Wiki Formatting Guidelines
- Precede annotation names with '@'. If the annotation name is hyperlinked, put the '@' character outside of the link: @[AnnotationType|http://...AnnotationType.html]
- The first reference to a type on a page should be a link to http://tapestry.apache.org/current/apidocs/... (or the component reference)
- Treat the page title as if it were an h0. element, and put top level sections within the page as h1.
- Page names as headings should have All Words Captialized.
- For other headings, only the first word of multi-word headings should be capitalized, e.g. "h2. Naming conventions" (following Wikipedia)
- Use
code
font for method and property names:myProperty
,someMethod()
. - Use the default font for Class names (qualified or not).
- Use the default font for path names.
- Use {code} for listings, not {noformat}.
- Use {noformat} for console output.
- Images and diagrams should be small-sized thumbnails, centered, with no border.
- Use the Since and Deprecated macros to mark new or deprecated features.
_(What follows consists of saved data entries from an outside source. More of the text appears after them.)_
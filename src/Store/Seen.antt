-- ===== src/Store/Seen.antt =====
-- What `MemoryCursorStore` of src/store.rs promises to a client that reconnects.
use turntf_rs.Prelude.{
  ◌≡◌, refl, sym, ap, ◌∙◌, ◌⊎◌, inl, inr, Bool, true, false, List, [], ◌∷◌, ◌++◌, some,
  Option-cases, arith, if◌then◌else◌,
}
use turntf_rs.Prelude.Dict.{Dict, lookup, insert, lookup-insert_self, lookup-insert_ne}
use turntf_rs.Types.{Message, MessageCursor, cursor, MessageCursor-discrete}
use turntf_rs.Store.Memory.{
  MemoryCursorStore, new_store, message, has_cursor, contains, save_message, save_cursor,
  placeholder, or_insert, is_some,
}

-- No cursor occurs twice.
abbrev pub IsDistinct : List MessageCursor → Type 0
IsDistinct [] = Unit {0}
IsDistinct (c ∷ cs) = (contains c cs ≡ false) × IsDistinct cs

-- What a store is asked to do.
pub data Request : Type 0 where
  of_message : Message → Request
  of_cursor : MessageCursor → Request

unfoldable pub serve : List Request → MemoryCursorStore → MemoryCursorStore
unfolding save_message save_cursor
serve [] s = s
serve (of_message m ∷ rs) s = serve rs (save_message m s)
serve (of_cursor c ∷ rs) s = serve rs (save_cursor c s)

-- Each listed cursor has a message, and none is listed twice.
pub record IsSound (s : MemoryCursorStore) : Type 0 where
  pub distinct : IsDistinct s.order
  pub known : (c : MessageCursor) → contains c s.order ≡ true → has_cursor c s ≡ true

contains-append :
    (c d : MessageCursor) (cs : List MessageCursor)
    → contains c (cs ++ d ∷ []) ≡ true
    → (contains c cs ≡ true) ⊎ (d ≡ c)
unfolding contains
contains-append c d [] h = ground arith
contains-append c d (x ∷ cs) h = ground (arith, contains-append c d cs)

pub contains-append_old :
    (c d : MessageCursor) (cs : List MessageCursor)
    → contains c cs ≡ true
    → contains c (cs ++ d ∷ []) ≡ true
unfolding contains
contains-append_old c d [] h = ground arith
contains-append_old c d (x ∷ cs) h = ground (arith, contains-append_old c d cs)

contains-append_new :
    (d : MessageCursor) (cs : List MessageCursor) → contains d (cs ++ d ∷ []) ≡ true
unfolding contains
contains-append_new d [] = ground arith
contains-append_new d (x ∷ cs) = ground (arith, contains-append_new d cs)

append-IsDistinct :
    (d : MessageCursor) (cs : List MessageCursor)
    → contains d cs ≡ false
    → IsDistinct cs
    → IsDistinct (cs ++ d ∷ [])
unfolding contains
append-IsDistinct d [] h k = (refl, tt)
append-IsDistinct d (x ∷ cs) h k =
    (ground (arith, contains-append x d cs, k.0), append-IsDistinct d cs (ground arith) k.1)

insert-has :
    (k c : MessageCursor) (m : Message) (ms : Dict MessageCursor Message)
    → (is_some (lookup MessageCursor-discrete c ms) ≡ true) ⊎ (k ≡ c)
    → is_some (lookup MessageCursor-discrete c (insert MessageCursor-discrete k m ms)) ≡ true
insert-has k c m ms h = elim (MessageCursor-discrete k c) [
  | yes e ↦
      ap (λ j. is_some (lookup MessageCursor-discrete j (insert MessageCursor-discrete k m ms)))
        (sym e)
      ∙ ap is_some (lookup-insert_self MessageCursor-discrete k m ms)
  | no n ↦ ap is_some (lookup-insert_ne MessageCursor-discrete k c m ms n) ∙ old n h
]
  where
    old :
        ¬ (k ≡ c)
        → (is_some (lookup MessageCursor-discrete c ms) ≡ true) ⊎ (k ≡ c)
        → is_some (lookup MessageCursor-discrete c ms) ≡ true
    old n (inl e) = e
    old n (inr e) = absurd (n e)

save_message-has :
    (m : Message) (c : MessageCursor) (s : MemoryCursorStore)
    → has_cursor c s ≡ true
    → has_cursor c (save_message m s) ≡ true
unfolding has_cursor save_message
save_message-has m c s h = insert-has (cursor m) c m s.messages (inl h)

save_message-IsSound :
    (m : Message) (s : MemoryCursorStore) → IsSound s → IsSound (save_message m s)
save_message-IsSound m s w = record {
  distinct = unfold save_message in w.distinct;
  known = λ c h. save_message-has m c s (w.known c (unfold save_message in h));
}

save_cursor-has :
    (d c : MessageCursor) (s : MemoryCursorStore)
    → (has_cursor c s ≡ true) ⊎ (d ≡ c)
    → has_cursor c (save_cursor d s) ≡ true
unfolding has_cursor save_cursor
save_cursor-has d c s h = elim (Option-cases (lookup MessageCursor-discrete d s.messages)) [
  | inl e ↦ rw (e, or_insert) (insert-has d c (placeholder d) s.messages h)
  | inr (x, e) ↦ rw (e, or_insert) (old x e h)
]
  where
    old :
        (x : Message)
        → lookup MessageCursor-discrete d s.messages ≡ some x
        → (is_some (lookup MessageCursor-discrete c s.messages) ≡ true) ⊎ (d ≡ c)
        → is_some (lookup MessageCursor-discrete c s.messages) ≡ true
    old x e (inl k) = k
    old x e (inr k) =
        ap (λ j. is_some (lookup MessageCursor-discrete j s.messages)) (sym k) ∙ ap is_some e

-- The list of cursors after `save_cursor`.
listed : Bool → MessageCursor → List MessageCursor → List MessageCursor
listed b d cs = if b then cs else cs ++ d ∷ []

listed-known :
    (b : Bool) (d c : MessageCursor) (cs : List MessageCursor)
    → contains c (listed b d cs) ≡ true
    → (contains c cs ≡ true) ⊎ (d ≡ c)
unfolding listed
listed-known true d c cs h = inl h
listed-known false d c cs h = contains-append c d cs h

listed-IsDistinct :
    (b : Bool) (d : MessageCursor) (cs : List MessageCursor)
    → contains d cs ≡ b
    → IsDistinct cs
    → IsDistinct (listed b d cs)
unfolding listed
listed-IsDistinct true d cs h k = k
listed-IsDistinct false d cs h k = append-IsDistinct d cs h k

save_cursor-IsSound :
    (d : MessageCursor) (s : MemoryCursorStore) → IsSound s → IsSound (save_cursor d s)
save_cursor-IsSound d s w = record {
  distinct =
      unfold save_cursor in
      unfold listed in listed-IsDistinct (contains d s.order) d s.order refl w.distinct;
  known = λ c h. save_cursor-has d c s (
      still c
        (listed-known (contains d s.order) d c s.order (unfold save_cursor in unfold listed in h)));
}
  where
    still :
        (c : MessageCursor)
        → (contains c s.order ≡ true) ⊎ (d ≡ c)
        → (has_cursor c s ≡ true) ⊎ (d ≡ c)
    still c (inl e) = inl (w.known c e)
    still c (inr e) = inr e

serve-IsSound : (rs : List Request) (s : MemoryCursorStore) → IsSound s → IsSound (serve rs s)
unfolding serve
serve-IsSound [] s w = w
serve-IsSound (of_message m ∷ rs) s w = serve-IsSound rs _ (save_message-IsSound m s w)
serve-IsSound (of_cursor c ∷ rs) s w = serve-IsSound rs _ (save_cursor-IsSound c s w)

-- Whatever messages and cursors a new store is asked to save, in whatever order, its list of seen
-- cursors has no cursor twice, and a message is stored for each cursor in it.
pub seen-IsSound : (rs : List Request) → IsSound (serve rs new_store)
unfolding contains
seen-IsSound rs = serve-IsSound rs new_store (record { distinct = tt; known = λ c h. cc h })

-- Saving a message and then its cursor makes the message the one stored under the cursor, and the
-- cursor one of those that a reconnecting client reports as seen.
pub persisted_is_seen :
    (m : Message) (s : MemoryCursorStore)
    → let s' = save_cursor (cursor m) (save_message m s) in
      (message (cursor m) s' ≡ some m) × (contains (cursor m) s'.order ≡ true)
unfolding save_cursor save_message message
persisted_is_seen m s = (
  rw (lookup-insert_self MessageCursor-discrete (cursor m) m s.messages, or_insert)
      (lookup-insert_self MessageCursor-discrete (cursor m) m s.messages),
  listed_own (contains (cursor m) s.order) refl,
)
  where
    listed_own :
        (b : Bool)
        → contains (cursor m) s.order ≡ b
        → contains (cursor m) (if b then s.order else s.order ++ cursor m ∷ []) ≡ true
    listed_own true e = e
    listed_own false e = contains-append_new (cursor m) s.order

-- A message that is stored stays the one under its cursor whatever cursors are saved: the stand-in
-- without content replaces nothing.
pub save_cursor_keeps :
    (c d : MessageCursor) (m : Message) (s : MemoryCursorStore)
    → message c s ≡ some m
    → message c (save_cursor d s) ≡ some m
unfolding save_cursor message
save_cursor_keeps c d m s h = elim (Option-cases (lookup MessageCursor-discrete d s.messages)) [
  | inl e ↦
      rw (e, or_insert)
        (lookup-insert_ne MessageCursor-discrete d c (placeholder d) s.messages
            (λ same. cc (ap (λ k. lookup MessageCursor-discrete k s.messages) same, e, h))
          ∙ h)
  | inr (x, e) ↦ rw (e, or_insert) h
]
- Proposed: Each page should include explicit links to its child pages. Don't rely on the "Child Pages" links at the bottom, which don't carry over to the exported site.
- Proposed: In pages other than the User Guide pages, subsections that briefly discuss topics that are more fully covered in the User Guide should lead with a "Main Article: [Foo]" line, where Foo is the name of the page in the User Guide. Example: the "Template Localization" section of Component Templates
- Proposed: User Guide pages should generally start with a right-floated "Related Articles" box that provides links to related content in the FAQ, Cookbook, Cheat Sheets, etc. Example
- Proposed: The lead paragraph should generally lead with the title word or phrase in bold (following Wikipedia)
Website structure
The Index page includes the Banner and Key Features pages as well as the blog posts. Most other pages are just plain pages and may or may not include other parts. In addition the Navigation, Small Banner and Footer pages exist.
Our SiteExporter template (described above) glues everything together. It adds the contents of the Navigation and Footer pages in the appropriate places and on all pages except the Index page. It also adds the contents of the Small Bannerpage as well as the breadcrumbs navigation.
HLS: I've noticed that pages with footnotes that are combined with the {include} macro do not render correctly ... the footnote numbers and anchors reset back to 1 for each included page. Perhaps there's a way to fix that with the template?
Updating the template
You must be a Tapestry committer or otherwise have write access to the subversion repository (see link above).
To edit the template:
- check out the SiteExporter source project (see link above)
- find and edit the template.vm file
- commit your changes
1 Comment
Howard Lewis Ship
I don't know that it is necessary to identify the page title as an h1. element, since the export template will identify the page title.
You can see what I'm doing with the {tutorialnav} macro to generate the layout for a page of the Tutorial, with navigation. If I get a chance, I want to turn this into a plugin that can be smarter about building the content automatically (and highlighting the current page as well).